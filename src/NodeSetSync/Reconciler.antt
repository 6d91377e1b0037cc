-- ===== src/NodeSetSync/Reconciler.antt =====
-- What a NodeSetReconciler holds
-- (upstream/slurm-operator/internal/controller/nodeset/nodeset_controller.go): the interfaces of
-- its controls, and the packages of Kubernetes that it calls.
use slinky_on_openshift.Prelude.{ℕ, Bool, Option, none, some, List, String, get_elem?, length}
use slinky_on_openshift.Prelude.Dict.{Dict}
use slinky_on_openshift.Prelude.Int.{ℤ}
use slinky_on_openshift.Exec.{Result, ok, err, panic, M}
use slinky_on_openshift.Kube.{OwnerReference, Pod, NodeSet, Selector, Library}
use slinky_on_openshift.Utils.Batch.{Tally, slow_start_batch}
use slinky_on_openshift.Utils.KeyedStore.{KeyedStore, push}
use slinky_on_openshift.NodeSetSync.Patch.{GoJson}
use slinky_on_openshift.SlurmControl.Interface.{SlurmControlInterface}
use slinky_on_openshift.PodControl.Interface.{PodControlInterface}

-- `ControllerRevision`: what the operator reads of it, and the patch that it stores
pub record Revision : Type 0 where
  pub name : String
  pub namespace : String
  pub labels : Option (Dict String)
  pub annotations : Option (Dict String)
  pub owner_references : List OwnerReference
  pub number : ℤ
  pub patch : String

-- `HistoryControlInterface`; a create gives the collision count back beside the revision, also when
-- it fails
pub record HistoryControlInterface (S : Type 0) : Type 0 where
  pub list_controller_revisions : NodeSet → M S (List Revision)
  pub create_controller_revision : NodeSet → Revision → ℤ → S → Result Revision × ℤ × S
  pub update_controller_revision : Revision → ℤ → M S Revision
  pub delete_controller_revision : Revision → M S (Unit {0})
  pub adopt_controller_revision : NodeSet → Revision → M S Revision

-- `UIDTrackingControllerExpectations`
pub record Expectations (S : Type 0) : Type 0 where
  pub expect_creations : String → ℤ → M S (Unit {0})
  pub expect_deletions : String → List String → M S (Unit {0})
  pub set_expectations : String → M S (Unit {0})
  pub creation_observed : String → S → S
  pub deletion_observed : String → String → S → S
  pub satisfied_expectations : String → S → Bool
  pub delete_expectations : String → S → S

-- The API server and the packages of Kubernetes. `patch_pod` is `Patch(toUpdate, from)`.
pub record KubeClient (S : Type 0) : Type 0 where
  pub get_nodeset : String → M S NodeSet
  pub update_nodeset_status : NodeSet → M S (Unit {0})
  -- `retry.RetryOnConflict(retry.DefaultRetry, _)`
  pub retry_on_conflict : M S (Unit {0}) → M S (Unit {0})
  pub list_pods : String → M S (List Pod)
  pub patch_pod : Pod → Pod → M S (Unit {0})
  pub update_revision : Revision → M S (Unit {0})
  -- `PodControllerRefManager.ClaimPods`, with the filter and the check before an adoption
  pub claim_pods : NodeSet → List Pod → (Pod → Bool) → M S (Unit {0}) → M S (List Pod)
  -- `controller.RecheckDeletionTimestamp`, with the function that gets the object
  pub recheck_deletion_timestamp : M S NodeSet → M S (Unit {0})
  -- `LabelSelectorAsSelector` and the selector's text
  pub selector_text : Option Selector → Result String
  pub json : GoJson
  -- `history.NewControllerRevision` with the patch of the NodeSet, number and collision count
  pub new_controller_revision :
      NodeSet → (patch : String) → (number collision_count : ℤ) → Result Revision
  -- `history.FindEqualRevisions`, `EqualRevision` and `SortControllerRevisions`
  pub find_equal_revisions : List Revision → Revision → List Revision
  pub equal_revision : Revision → Revision → Bool
  pub sort_revisions : List Revision → List Revision
  pub warn_selecting_all : NodeSet → S → S
  -- `metav1.Now`
  pub now : S → ℤ

-- `durations` and `set_durations` reach the package's `durationStore` in the state. `order` is the
-- schedule of a batch's goroutines, `sort` is `sort.Sort`.
pub record Reconciler (S : Type 0) : Type 0 where
  pub library : Library
  pub sort : (Pod → Pod → Bool) → List Pod → List Pod
  pub order : List ℕ → List ℕ
  pub kube : KubeClient S
  pub pod_control : PodControlInterface S
  pub slurm_control : SlurmControlInterface S
  pub history_control : HistoryControlInterface S
  pub expectations : Expectations S
  pub durations : S → KeyedStore
  pub set_durations : KeyedStore → S → S

module _ {S : Type 0} where
  -- a call on `pods[i]`, where the batch gives an index within the slice
  abbrev pub at_pod : List Pod → (Pod → M S (Unit {0})) → ℕ → M S (Unit {0})
  at_pod pods f i s = elim (get_elem? pods i) [ none ↦ (panic, s) | some pod ↦ f pod s ]

module _ {S : Type 0} (r : Reconciler S) where
  -- `durationStore.Push`
  abbrev pub push_duration : String → ℤ → S → S
  push_duration key d s = r.set_durations (push key d (r.durations s)) s

  -- `SlowStartBatch(n, SlowStartInitialBatchSize, fn)`
  abbrev pub batch : ℕ → (ℕ → M S (Unit {0})) → M S Tally
  batch n fn = slow_start_batch r.order fn n 1

  -- `if _, err := SlowStartBatch(len(pods), …); err != nil { return err }`
  abbrev pub error_of : Result Tally × S → Result (Unit {0}) × S
  error_of (ok (n, none), s) = (ok tt, s)
  error_of (ok (n, some e), s) = (err e, s)
  error_of (err e, s) = (err e, s)
  error_of (panic, s) = (panic, s)

  unfoldable pub for_pods : List Pod → (Pod → M S (Unit {0})) → M S (Unit {0})
  for_pods pods f s = error_of (batch (length pods) (at_pod pods f) s)

  -- a batch over the first pods only
  unfoldable pub for_first_pods : ℕ → List Pod → (Pod → M S (Unit {0})) → M S (Unit {0})
  for_first_pods n pods f s = error_of (batch n (at_pod pods f) s)
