-- ===== src/NodeSetSync/Cordon.antt =====
-- Cordon and drain of a pod, their reverse, and the deadline that a pod is marked with
-- (upstream/slurm-operator/internal/controller/nodeset/nodeset_sync.go).
pub mod Marks
use Prim.Native.String.{◌++◌ as str_append}
use slinky_on_openshift.Prelude.{
  Bool, true, false, not, Option, none, some, List, [], String, if◌then◌else◌,
}
use slinky_on_openshift.Prelude.Dict.{Dict, insert, delete}
use slinky_on_openshift.Prelude.Int.{ℤ, pos, eqb_ℤ}
use slinky_on_openshift.Exec.{Result, ok, err, panic, M, pure, ◌>>=◌, ◌>>◌}
use slinky_on_openshift.Kube.{Pod, NodeSet, Library}
use slinky_on_openshift.Utils.Pods.{
  annotation_pod_cordon, annotation_pod_deadline, is_pod_cordon, key_func,
}
use slinky_on_openshift.Utils.TimeStore.{TimeStore, peek_time}
use slinky_on_openshift.Naming.{get_node_name}
use slinky_on_openshift.NodeSetSync.Reconciler.{Reconciler, for_pods}

-- `fmt.Sprintf("Pod (%s) <what>", klog.KObj(pod))`
abbrev pub reason_about : Pod → String → String
reason_about pod what =
    str_append "Pod (" (str_append (key_func pod.namespace pod.name) (str_append ") " what))

abbrev pub or_empty : Option (Dict String) → Dict String
or_empty none = []
or_empty (some m) = m

abbrev pub without : String → Option (Dict String) → Option (Dict String)
without key none = none
without key (some m) = some (delete key m)

unfoldable pub cordoned : Pod → Pod
cordoned pod = record pod {
  annotations = some (insert annotation_pod_cordon "true" (or_empty pod.annotations));
}

unfoldable pub uncordoned : Pod → Pod
uncordoned pod = record pod { annotations = without annotation_pod_cordon pod.annotations }

-- A deadline is written to the annotations as they are: into a nil map, this panics.
unfoldable pub with_deadline : Library → ℤ → Pod → Option Pod
with_deadline k deadline pod =
    if eqb_ℤ deadline (pos 0)
    then some (record pod { annotations = without annotation_pod_deadline pod.annotations })
    else elim pod.annotations [
      | none ↦ none
      | some m ↦ some (record pod {
        annotations = some (insert annotation_pod_deadline (k.format_time deadline) m);
      })
    ]

module _ {S : Type 0} (r : Reconciler S) where
  unfoldable pub make_pod_cordon : Pod → M S (Unit {0})
  unfolding is_pod_cordon cordoned
  make_pod_cordon pod = if is_pod_cordon pod then pure tt else r.kube.patch_pod (cordoned pod) pod

  unfoldable pub make_pod_cordon_and_drain : NodeSet → Pod → M S (Unit {0})
  unfolding make_pod_cordon
  make_pod_cordon_and_drain nodeset pod = do
    _ ← make_pod_cordon pod
    r.slurm_control.make_node_drain nodeset pod (reason_about pod "has been cordoned")

  unfoldable pub make_pod_uncordon : Pod → M S (Unit {0})
  unfolding is_pod_cordon uncordoned
  make_pod_uncordon pod =
      if not (is_pod_cordon pod) then pure tt else r.kube.patch_pod (uncordoned pod) pod

  unfoldable pub make_pod_uncordon_and_undrain : NodeSet → Pod → M S (Unit {0})
  unfolding make_pod_uncordon
  make_pod_uncordon_and_undrain nodeset pod = do
    _ ← make_pod_uncordon pod
    r.slurm_control.make_node_undrain nodeset pod (reason_about pod "has been uncordoned")

  unfoldable pub sync_slurm_pod : NodeSet → TimeStore → Pod → M S (Unit {0})
  unfolding with_deadline is_pod_cordon
  sync_slurm_pod nodeset node_deadlines pod s =
      elim (with_deadline r.library (peek_time (get_node_name pod) node_deadlines) pod) [
        | none ↦ (panic, s)
        | some to_update ↦
            (r.kube.patch_pod to_update pod
                >> (if is_pod_cordon pod
                    then r.slurm_control.make_node_drain nodeset pod
                        (reason_about pod "is cordoned")
                    else r.slurm_control.make_node_undrain nodeset pod
                        (reason_about pod "is uncordoned")))
              s
      ]

  unfoldable pub sync_slurm : NodeSet → List Pod → M S (Unit {0})
  unfolding sync_slurm_pod for_pods
  sync_slurm nodeset pods = do
    node_deadlines ← r.slurm_control.get_node_deadlines nodeset pods
    for_pods r pods (sync_slurm_pod nodeset node_deadlines)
□ □ □ □
**Task requirements**. Beginning with the line containing "unfoldable pub make_pod_uncordon_and_undrain" and ending with the line containing "unfolding with_deadline is_pod_cordon", extract those lines exactly from the listing above, and only those.

**Output**.
  unfoldable pub make_pod_uncordon_and_undrain : NodeSet → Pod → M S (Unit {0})
  unfolding make_pod_uncordon
  make_pod_uncordon_and_undrain nodeset pod = do
    _ ← make_pod_uncordon pod
    r.slurm_control.make_node_undrain nodeset pod (reason_about pod "has been uncordoned")

  unfoldable pub sync_slurm_pod : NodeSet → TimeStore → Pod → M S (Unit {0})
  unfolding with_deadline is_pod_cordon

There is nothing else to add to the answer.